The orthogonality relation between the eight bases in Fig. 1 and the demultiplexed information in Fig. 2 is obtained by forming inner product

$$I_{jl}=\frac{{{\displaystyle \int }}^{}{p}_j^{\ast }{p}_{l}da}{{{\displaystyle \int }}^{}{p}_l^{\ast }{p}_{l}da},$$ [S2]

where $p_l=A_l\exp \left(i{\beta }_l\right)$ is the pressure field (including amplitude $A_l$ and phase ${\beta }_l$) of vortex beam with OAM charge l, and $p_j=A_j\exp \left(i{\beta }_j\right)$ is the pressure field of other vortex beams or multiplexed waves. The symbol * denotes the complex conjugate of the corresponding variable. This integration is over the scanning area of the receiver array. The information signals are normalized such that $I_{ll}=1$.

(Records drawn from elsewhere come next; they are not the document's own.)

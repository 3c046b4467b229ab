-- ===== src/Counter/Takings.antt =====
-- The arithmetic of a till: what `tillTotals` adds up, and the tills an operator may hold.
use arcus_invest_backend.Base.{
  ℕ, ◌==◌, ==_iff, subst, ◌≤◌, ◌≡◌, refl, ℤ, pos, ◌+ℤ◌, ltb_ℤ, true, Option, none, some, List, [],
  ◌∷◌, arith, int_laws, if◌then◌else◌, Bool-cases, Option-cases, inl, inr, find, count,
  update_where, is_id,
}
use arcus_invest_backend.Counter.Till.{
  CounterMethod, TillSession, CounterSale, Shop, total, Takings, add_taking, till_totals,
  till_summary, is_open, is_open_by, open_session_for, new_session, admin_open_till, actor,
  session_is, close_session, close_with, closer, admin_close_till,
}

-- What the sales of a session come to, one by one.
pub sales_total : ℕ → List CounterSale → ℤ
sales_total id [] = pos 0
sales_total id (x ∷ xs) =
    let rest = sales_total id xs in if x.till_session_id == id then total x +ℤ rest else rest

abbrev all_takings : Takings → ℤ
all_takings k = k.by_cash +ℤ k.by_mobile_money +ℤ k.by_card +ℤ k.by_bank_transfer

add_taking-total :
    (m : CounterMethod) (n : ℤ) (k : Takings) → all_takings (add_taking m n k) ≡ n +ℤ all_takings k
unfolding add_taking
add_taking-total CounterMethod.cash n k = omega int_laws
add_taking-total CounterMethod.mobile_money n k = omega int_laws
add_taking-total CounterMethod.card n k = omega int_laws
add_taking-total CounterMethod.bank_transfer n k = omega int_laws

till_totals-total :
    (id : ℕ) (xs : List CounterSale) → all_takings (till_totals id xs) ≡ sales_total id xs
unfolding till_totals sales_total
till_totals-total id [] = omega int_laws
till_totals-total id (x ∷ xs) = ground (
  arith,
  till_totals-total id xs,
  add_taking-total x.payment_method (total x) (till_totals id xs),
)

-- The takings that a till's summary shows by method come to the totals of the session's sales.
pub takings_complete :
    (t : TillSession) (xs : List CounterSale)
    → (till_summary t (till_totals t.id xs)).total_takings ≡ sales_total t.id xs
unfolding till_summary
takings_complete t xs = till_totals-total t.id xs

-- No operator holds two open tills.
abbrev pub OneTillEach : Shop → Type 0
OneTillEach s = (n : ℕ) → count (is_open_by n) s.sessions ≤ 1

none-count :
    (n : ℕ) (ts : List TillSession) → find (is_open_by n) ts ≡ none → count (is_open_by n) ts ≡ 0
none-count n [] h = refl
none-count n (t ∷ ts) h = ground (arith, none-count n ts)

close-count :
    (n k : ℕ) (by : Option ℕ) (counted : ℤ) (ts : List TillSession)
    → count (is_open_by n) (update_where (session_is k) (close_session by counted) ts)
      ≤ count (is_open_by n) ts
close-count n k by counted [] = omega arith
close-count n k by counted (t ∷ ts) = ground (arith, close-count n k by counted ts)

actor_lem : (n m : ℕ) (s : Shop) → is_id (actor n s) m ≡ true → n ≡ m
actor_lem n m s h = ground (arith, ==_iff n m)

open-OneTillEach :
    (id n : ℕ) (opening : ℤ) (s : Shop)
    → open_session_for n s ≡ none
    → OneTillEach s
    → OneTillEach (record s { sessions = new_session id (actor n s) opening ∷ s.sessions })
open-OneTillEach id n opening s h i m = elim (Bool-cases (is_id (actor n s) m)) [
  | inr e ↦ rw e (ground (arith, i m))
  | inl e ↦
      let none_yet =
        subst (λ k. count (is_open_by k) s.sessions ≡ 0) (actor_lem n m s e)
          (none-count n s.sessions h) in
      rw (e, none_yet) (omega arith)
]

admin_open_till-OneTillEach :
    (id : ℕ) (caller : Option ℕ) (body : Option ℤ) (s : Shop)
    → OneTillEach s
    → OneTillEach (admin_open_till id caller body s).1
unfolding admin_open_till
admin_open_till-OneTillEach id none body s i = i
admin_open_till-OneTillEach id (some n) none s i = elim (Option-cases (open_session_for n s)) [
  | inl e ↦ rw (e, admin_open_till) i
  | inr (t, e) ↦ rw (e, admin_open_till) i
]
admin_open_till-OneTillEach id (some n) (some opening) s i =
    elim (Option-cases (open_session_for n s)) [
      | inr (t, e) ↦ rw (e, admin_open_till) i
      | inl e ↦ elim (Bool-cases (ltb_ℤ opening (pos 0))) [
        | inl b ↦ rw (e, admin_open_till) (rw b i)
        | inr b ↦ rw (e, admin_open_till) (rw b (open-OneTillEach id n opening s e i))
      ]
    ]

close_with-OneTillEach :
    (n : ℕ) (t : TillSession) (by : Option ℕ) (body : Option (Option ℤ)) (s : Shop)
    → OneTillEach s
    → OneTillEach (close_with n t by body s).1
close_with-OneTillEach n t by none s i = i
close_with-OneTillEach n t by (some none) s i = i
close_with-OneTillEach n t by (some (some counted)) s i =
    elim (Bool-cases (ltb_ℤ counted (pos 0))) [
      | inl b ↦ rw b i
      | inr b ↦ rw b (λ m. ground (arith, i m, close-count m n by counted s.sessions))
    ]

admin_close_till-OneTillEach :
    (id caller : Option ℕ) (body : Option (Option ℤ)) (s : Shop)
    → OneTillEach s
    → OneTillEach (admin_close_till id caller body s).1
unfolding admin_close_till
admin_close_till-OneTillEach none caller body s i = i
admin_close_till-OneTillEach (some n) caller body s i =
    elim (Option-cases (find (session_is n) s.sessions)) [
      | inl e ↦ rw (e, admin_close_till) i
      | inr (t, e) ↦ elim (Bool-cases (is_open t)) [
        | inl b ↦
            rw (e, admin_close_till) (rw b (close_with-OneTillEach n t (closer caller s) body s i))
        | inr b ↦ rw (e, admin_close_till) (rw b i)
      ]
    ]

-- The requests that open and close tills.
pub data TillRequest : Type 0 where
  open_till : (id : ℕ) (caller : Option ℕ) (body : Option ℤ) → TillRequest
  close_till : (id caller : Option ℕ) (body : Option (Option ℤ)) → TillRequest

pub handle : TillRequest → Shop → Shop
handle (open_till id caller body) s = (admin_open_till id caller body s).1
handle (close_till id caller body) s = (admin_close_till id caller body s).1

pub handle_all : List TillRequest → Shop → Shop
handle_all [] s = s
handle_all (x ∷ xs) s = handle_all xs (handle x s)

handle-OneTillEach : (x : TillRequest) (s : Shop) → OneTillEach s → OneTillEach (handle x s)
unfolding handle
handle-OneTillEach (open_till id caller body) s i = admin_open_till-OneTillEach id caller body s i
handle-OneTillEach (close_till id caller body) s i = admin_close_till-OneTillEach id caller body s i

handle_all-OneTillEach :
    (xs : List TillRequest) (s : Shop) → OneTillEach s → OneTillEach (handle_all xs s)
unfolding handle_all
handle_all-OneTillEach [] s i = i
handle_all-OneTillEach (x ∷ xs) s i =
    handle_all-OneTillEach xs (handle x s) (handle-OneTillEach x s i)

-- If no operator holds more than one open till, no operator does after any sequence of requests to
-- open and to close tills, each answered or refused.
pub one_open_till :
    (xs : List TillRequest) (s : Shop)
    → OneTillEach s
    → (n : ℕ) → count (is_open_by n) (handle_all xs s).sessions ≤ 1
one_open_till xs s i = handle_all-OneTillEach xs s i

Experimental Measurement of BER and SNR

To obtain the BER and characterize the performance of our communication system with acoustic OAM, we measured the pressure fields of the 2⁸ = 256 possible combinations of the 8 bases. The signal of the pressure field is measured within 300 ms, corresponding to a 3-Hz bandwidth. The inner products are calculated for all of the on- and off-channels. With the statistical parameters (average ${\mu }_1$ and ${\mu }_0$ and SD ${\sigma }_1$ and ${\sigma }_0$ for on- and off-channels, respectively), two Gaussian curves are plotted in Fig. S2 for the on- and off-channels. The error bits are the points of on-channels below and off-channels above the crossing of the two curves. Thus, the statistical BER is the ratio between the shaded (green) area and the whole area under the two curves.

The effect of down-sampling on the BER is measured by varying the number of sensors in the receiver array between 8 and 68. These sensors form 4 rings with radii 5.4, 6.7, 8, and 9.3 wavelengths (Fig. S3). For an array with n = 4n + r (where n and r are integers and r < 4) sensors, the inner r rings have n + 1 equally spaced sensors and the outer 4 − r rings have n equally spaced sensors.

Experimental Setup

Our experimental setup contains 64 PUI AST-1532MR-R speakers forming the four rings of the emitter array in Fig. S1 on an acrylic frame fabricated by waterjet. These 64 speakers are modulated by a custom-designed digital processor with 65 analog output channels from CNDLAB Inc. The MATLAB program is used to drive this digital processor to control the emitter array. A CUI CME-1538–100LB microphone is fixed on a VELMEX motor-controlled translational stage to mimic the receiver arrays. The received signal is amplified by a Reson VP2000 EC6081 voltage preamplifier and read by a Stanford Research Systems SR830 lock-in amplifier. Both amplitude and phase are recorded from the lock-in amplifier.

Time Interval Between Two Sequential Letters

To study the effect of using short pulse (i.e., short time interval between two sequential letters), we perform simulations with a three-cycle pulse, corresponding to 187.5-µs interval between two sequential letters (Fig. S4). The received patterns for the word Berkly at 100 wavelengths away from the source array are shown in Fig. S4B. It can be seen that the patterns obtained from this three-cycle pulse are the same as those shown in Fig. 2 of the main text.

To account for a realistic broadband detection, we provide here experimental results obtained with the shortest integration time available to our lock-in amplifier (SR-830). Fig. S5 shows that a shorter integration time (300 µs, 4.8 cycles at 16 kHz) provides the same performance as the 300-ms case reported in the main text.